▶ _Work required_: Among the lines of the records, find all that carry the word "created" and copy them.

___

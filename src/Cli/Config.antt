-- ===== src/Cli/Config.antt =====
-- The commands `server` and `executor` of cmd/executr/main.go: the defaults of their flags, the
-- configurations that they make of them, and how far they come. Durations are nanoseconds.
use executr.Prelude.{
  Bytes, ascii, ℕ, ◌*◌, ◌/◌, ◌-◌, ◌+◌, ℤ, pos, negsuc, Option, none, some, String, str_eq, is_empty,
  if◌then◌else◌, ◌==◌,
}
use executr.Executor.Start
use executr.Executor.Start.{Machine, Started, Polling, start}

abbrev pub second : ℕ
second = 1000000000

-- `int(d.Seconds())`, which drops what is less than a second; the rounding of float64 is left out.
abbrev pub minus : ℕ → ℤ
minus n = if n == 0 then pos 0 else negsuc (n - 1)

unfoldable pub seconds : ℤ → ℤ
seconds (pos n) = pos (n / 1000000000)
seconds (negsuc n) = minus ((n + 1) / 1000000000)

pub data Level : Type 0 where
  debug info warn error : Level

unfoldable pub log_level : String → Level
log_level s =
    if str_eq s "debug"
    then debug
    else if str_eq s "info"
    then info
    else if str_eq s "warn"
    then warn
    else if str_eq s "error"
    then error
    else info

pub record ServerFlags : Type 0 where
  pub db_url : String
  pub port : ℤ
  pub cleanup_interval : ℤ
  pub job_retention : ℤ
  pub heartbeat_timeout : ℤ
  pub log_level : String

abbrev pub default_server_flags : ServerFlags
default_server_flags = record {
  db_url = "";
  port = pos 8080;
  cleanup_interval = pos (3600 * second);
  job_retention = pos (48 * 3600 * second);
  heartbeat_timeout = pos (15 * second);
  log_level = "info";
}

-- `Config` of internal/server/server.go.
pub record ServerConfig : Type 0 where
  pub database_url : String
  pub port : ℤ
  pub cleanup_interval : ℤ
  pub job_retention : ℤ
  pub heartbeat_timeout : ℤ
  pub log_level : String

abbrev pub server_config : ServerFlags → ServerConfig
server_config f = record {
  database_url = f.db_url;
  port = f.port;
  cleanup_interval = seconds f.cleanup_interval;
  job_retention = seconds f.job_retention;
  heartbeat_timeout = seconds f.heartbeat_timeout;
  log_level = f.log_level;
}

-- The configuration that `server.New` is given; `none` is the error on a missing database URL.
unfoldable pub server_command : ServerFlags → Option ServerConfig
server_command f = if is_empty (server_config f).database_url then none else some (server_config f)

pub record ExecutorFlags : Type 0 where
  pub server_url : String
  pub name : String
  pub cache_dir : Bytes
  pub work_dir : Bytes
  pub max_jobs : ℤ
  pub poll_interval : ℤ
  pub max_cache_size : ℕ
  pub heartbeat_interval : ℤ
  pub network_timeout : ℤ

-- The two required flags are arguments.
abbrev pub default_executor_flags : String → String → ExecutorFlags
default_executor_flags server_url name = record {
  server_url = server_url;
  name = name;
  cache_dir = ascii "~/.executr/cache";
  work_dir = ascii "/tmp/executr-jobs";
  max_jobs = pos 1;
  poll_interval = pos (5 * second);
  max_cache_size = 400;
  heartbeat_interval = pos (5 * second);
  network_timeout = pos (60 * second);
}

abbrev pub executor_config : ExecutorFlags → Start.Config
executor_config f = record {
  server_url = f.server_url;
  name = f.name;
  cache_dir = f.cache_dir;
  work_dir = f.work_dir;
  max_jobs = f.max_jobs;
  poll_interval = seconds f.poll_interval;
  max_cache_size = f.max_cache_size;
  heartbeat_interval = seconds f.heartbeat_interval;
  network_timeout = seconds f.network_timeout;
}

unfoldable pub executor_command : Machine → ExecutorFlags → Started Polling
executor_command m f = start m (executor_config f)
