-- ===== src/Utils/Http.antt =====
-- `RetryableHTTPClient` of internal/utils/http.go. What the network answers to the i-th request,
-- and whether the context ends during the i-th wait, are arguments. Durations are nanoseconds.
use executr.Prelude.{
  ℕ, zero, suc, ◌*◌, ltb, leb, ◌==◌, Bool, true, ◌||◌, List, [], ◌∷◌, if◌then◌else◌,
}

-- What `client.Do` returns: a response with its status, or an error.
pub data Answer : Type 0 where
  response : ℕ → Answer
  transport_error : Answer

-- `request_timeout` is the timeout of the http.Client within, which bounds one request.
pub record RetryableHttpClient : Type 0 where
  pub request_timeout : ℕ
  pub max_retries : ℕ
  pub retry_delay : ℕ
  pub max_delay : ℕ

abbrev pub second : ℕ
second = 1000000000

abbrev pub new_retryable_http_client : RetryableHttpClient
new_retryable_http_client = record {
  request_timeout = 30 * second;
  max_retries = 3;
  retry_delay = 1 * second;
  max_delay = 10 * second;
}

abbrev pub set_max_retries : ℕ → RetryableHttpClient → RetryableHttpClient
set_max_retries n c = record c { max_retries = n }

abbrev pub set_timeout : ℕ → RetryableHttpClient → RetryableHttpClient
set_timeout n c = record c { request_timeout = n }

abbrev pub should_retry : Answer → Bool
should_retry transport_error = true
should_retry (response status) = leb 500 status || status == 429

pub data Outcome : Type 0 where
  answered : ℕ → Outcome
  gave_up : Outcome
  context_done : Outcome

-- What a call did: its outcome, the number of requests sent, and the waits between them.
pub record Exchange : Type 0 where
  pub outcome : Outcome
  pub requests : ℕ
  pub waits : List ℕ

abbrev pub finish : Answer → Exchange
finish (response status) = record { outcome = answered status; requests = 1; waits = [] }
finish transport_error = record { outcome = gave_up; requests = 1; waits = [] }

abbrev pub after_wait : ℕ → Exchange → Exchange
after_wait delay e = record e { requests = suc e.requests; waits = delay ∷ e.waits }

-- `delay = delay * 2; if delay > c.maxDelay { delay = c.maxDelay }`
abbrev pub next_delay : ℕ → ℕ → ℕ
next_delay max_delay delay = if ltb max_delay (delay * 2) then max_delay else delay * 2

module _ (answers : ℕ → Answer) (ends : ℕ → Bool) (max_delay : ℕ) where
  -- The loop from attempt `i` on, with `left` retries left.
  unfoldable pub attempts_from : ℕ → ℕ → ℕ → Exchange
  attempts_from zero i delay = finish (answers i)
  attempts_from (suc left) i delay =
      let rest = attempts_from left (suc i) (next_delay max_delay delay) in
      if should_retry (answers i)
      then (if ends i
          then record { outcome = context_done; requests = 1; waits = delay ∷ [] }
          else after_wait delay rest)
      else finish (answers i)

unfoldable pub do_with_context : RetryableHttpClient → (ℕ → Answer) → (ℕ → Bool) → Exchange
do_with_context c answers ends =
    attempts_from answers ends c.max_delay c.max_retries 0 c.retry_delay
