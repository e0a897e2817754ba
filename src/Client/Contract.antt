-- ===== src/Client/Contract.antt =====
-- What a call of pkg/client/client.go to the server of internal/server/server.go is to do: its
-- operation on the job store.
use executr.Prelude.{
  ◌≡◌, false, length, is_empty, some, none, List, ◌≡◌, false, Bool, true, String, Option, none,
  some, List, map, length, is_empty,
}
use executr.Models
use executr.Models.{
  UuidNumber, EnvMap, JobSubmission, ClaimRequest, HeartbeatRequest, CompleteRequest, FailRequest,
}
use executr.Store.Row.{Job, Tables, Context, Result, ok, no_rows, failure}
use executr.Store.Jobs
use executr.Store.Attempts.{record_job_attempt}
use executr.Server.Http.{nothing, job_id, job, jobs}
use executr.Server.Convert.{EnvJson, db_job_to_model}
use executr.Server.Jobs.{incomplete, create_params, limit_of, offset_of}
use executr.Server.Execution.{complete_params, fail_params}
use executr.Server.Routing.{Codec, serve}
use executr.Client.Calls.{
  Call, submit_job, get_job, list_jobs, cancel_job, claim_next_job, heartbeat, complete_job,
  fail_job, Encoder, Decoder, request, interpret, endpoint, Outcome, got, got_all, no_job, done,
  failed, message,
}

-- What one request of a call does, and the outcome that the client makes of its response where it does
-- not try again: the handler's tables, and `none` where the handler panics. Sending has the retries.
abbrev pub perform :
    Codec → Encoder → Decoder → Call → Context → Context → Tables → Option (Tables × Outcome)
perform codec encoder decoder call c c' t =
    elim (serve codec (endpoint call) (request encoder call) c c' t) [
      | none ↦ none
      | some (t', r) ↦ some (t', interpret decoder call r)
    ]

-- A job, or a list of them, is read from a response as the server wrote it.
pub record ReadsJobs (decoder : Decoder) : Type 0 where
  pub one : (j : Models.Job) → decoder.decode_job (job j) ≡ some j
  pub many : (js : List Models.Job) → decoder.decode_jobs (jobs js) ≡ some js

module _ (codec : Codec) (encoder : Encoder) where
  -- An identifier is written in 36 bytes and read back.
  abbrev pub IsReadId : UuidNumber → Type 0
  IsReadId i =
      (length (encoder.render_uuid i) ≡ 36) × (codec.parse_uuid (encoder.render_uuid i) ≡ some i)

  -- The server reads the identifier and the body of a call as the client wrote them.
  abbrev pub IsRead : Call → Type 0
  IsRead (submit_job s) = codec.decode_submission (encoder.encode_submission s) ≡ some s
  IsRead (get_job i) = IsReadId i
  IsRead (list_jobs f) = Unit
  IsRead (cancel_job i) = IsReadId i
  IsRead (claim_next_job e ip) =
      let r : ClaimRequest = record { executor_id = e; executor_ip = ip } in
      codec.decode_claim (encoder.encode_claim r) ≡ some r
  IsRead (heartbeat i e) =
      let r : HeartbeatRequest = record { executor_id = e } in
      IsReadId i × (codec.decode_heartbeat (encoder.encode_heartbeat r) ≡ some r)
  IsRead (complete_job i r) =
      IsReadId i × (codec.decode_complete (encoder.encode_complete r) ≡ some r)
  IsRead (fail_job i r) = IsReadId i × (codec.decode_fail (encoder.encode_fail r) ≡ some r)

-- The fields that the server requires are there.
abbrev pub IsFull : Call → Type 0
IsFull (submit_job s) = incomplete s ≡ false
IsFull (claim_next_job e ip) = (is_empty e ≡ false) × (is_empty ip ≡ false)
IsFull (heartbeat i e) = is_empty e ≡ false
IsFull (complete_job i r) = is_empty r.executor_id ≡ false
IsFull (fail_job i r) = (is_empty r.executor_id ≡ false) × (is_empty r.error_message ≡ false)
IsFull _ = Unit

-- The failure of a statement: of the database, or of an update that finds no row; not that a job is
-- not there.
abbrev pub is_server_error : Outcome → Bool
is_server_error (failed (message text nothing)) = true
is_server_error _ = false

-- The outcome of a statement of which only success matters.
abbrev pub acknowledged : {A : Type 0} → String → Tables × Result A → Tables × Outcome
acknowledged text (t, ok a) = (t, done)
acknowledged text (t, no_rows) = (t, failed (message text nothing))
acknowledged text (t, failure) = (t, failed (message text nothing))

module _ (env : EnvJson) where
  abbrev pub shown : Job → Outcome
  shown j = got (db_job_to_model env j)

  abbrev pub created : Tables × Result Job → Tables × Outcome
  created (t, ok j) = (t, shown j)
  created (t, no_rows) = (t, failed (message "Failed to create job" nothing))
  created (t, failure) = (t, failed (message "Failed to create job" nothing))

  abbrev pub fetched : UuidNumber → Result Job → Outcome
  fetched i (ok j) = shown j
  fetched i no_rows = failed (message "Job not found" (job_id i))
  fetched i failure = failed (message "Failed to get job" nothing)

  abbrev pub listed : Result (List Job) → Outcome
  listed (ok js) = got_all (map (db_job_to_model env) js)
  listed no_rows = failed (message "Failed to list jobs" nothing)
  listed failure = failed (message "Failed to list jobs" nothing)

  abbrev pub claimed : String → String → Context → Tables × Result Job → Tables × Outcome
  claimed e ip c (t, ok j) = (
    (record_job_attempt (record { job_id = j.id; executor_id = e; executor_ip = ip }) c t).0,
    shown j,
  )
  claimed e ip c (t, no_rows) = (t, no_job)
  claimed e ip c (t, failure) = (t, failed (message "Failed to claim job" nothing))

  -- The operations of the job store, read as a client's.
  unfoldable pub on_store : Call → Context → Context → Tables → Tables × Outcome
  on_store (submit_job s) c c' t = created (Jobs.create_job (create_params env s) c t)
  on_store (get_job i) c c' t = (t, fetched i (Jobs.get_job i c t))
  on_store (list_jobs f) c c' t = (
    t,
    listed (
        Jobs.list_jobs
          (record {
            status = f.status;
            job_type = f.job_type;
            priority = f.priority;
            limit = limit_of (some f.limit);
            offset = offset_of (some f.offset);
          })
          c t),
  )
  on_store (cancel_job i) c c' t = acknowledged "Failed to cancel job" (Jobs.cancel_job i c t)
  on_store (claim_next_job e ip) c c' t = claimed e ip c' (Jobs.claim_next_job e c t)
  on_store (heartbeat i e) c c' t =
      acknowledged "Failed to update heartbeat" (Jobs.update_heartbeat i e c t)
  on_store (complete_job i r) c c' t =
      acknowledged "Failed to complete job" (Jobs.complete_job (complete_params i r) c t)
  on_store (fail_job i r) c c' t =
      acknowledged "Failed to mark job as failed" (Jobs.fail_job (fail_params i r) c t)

___

▶ _Your response_:
  abbrev pub created : Tables × Result Job → Tables × Outcome
  created (t, ok j) = (t, shown j)
  created (t, no_rows) = (t, failed (message "Failed to create job" nothing))
  created (t, failure) = (t, failed (message "Failed to create job" nothing))
  on_store (submit_job s) c c' t = created (Jobs.create_job (create_params env s) c t)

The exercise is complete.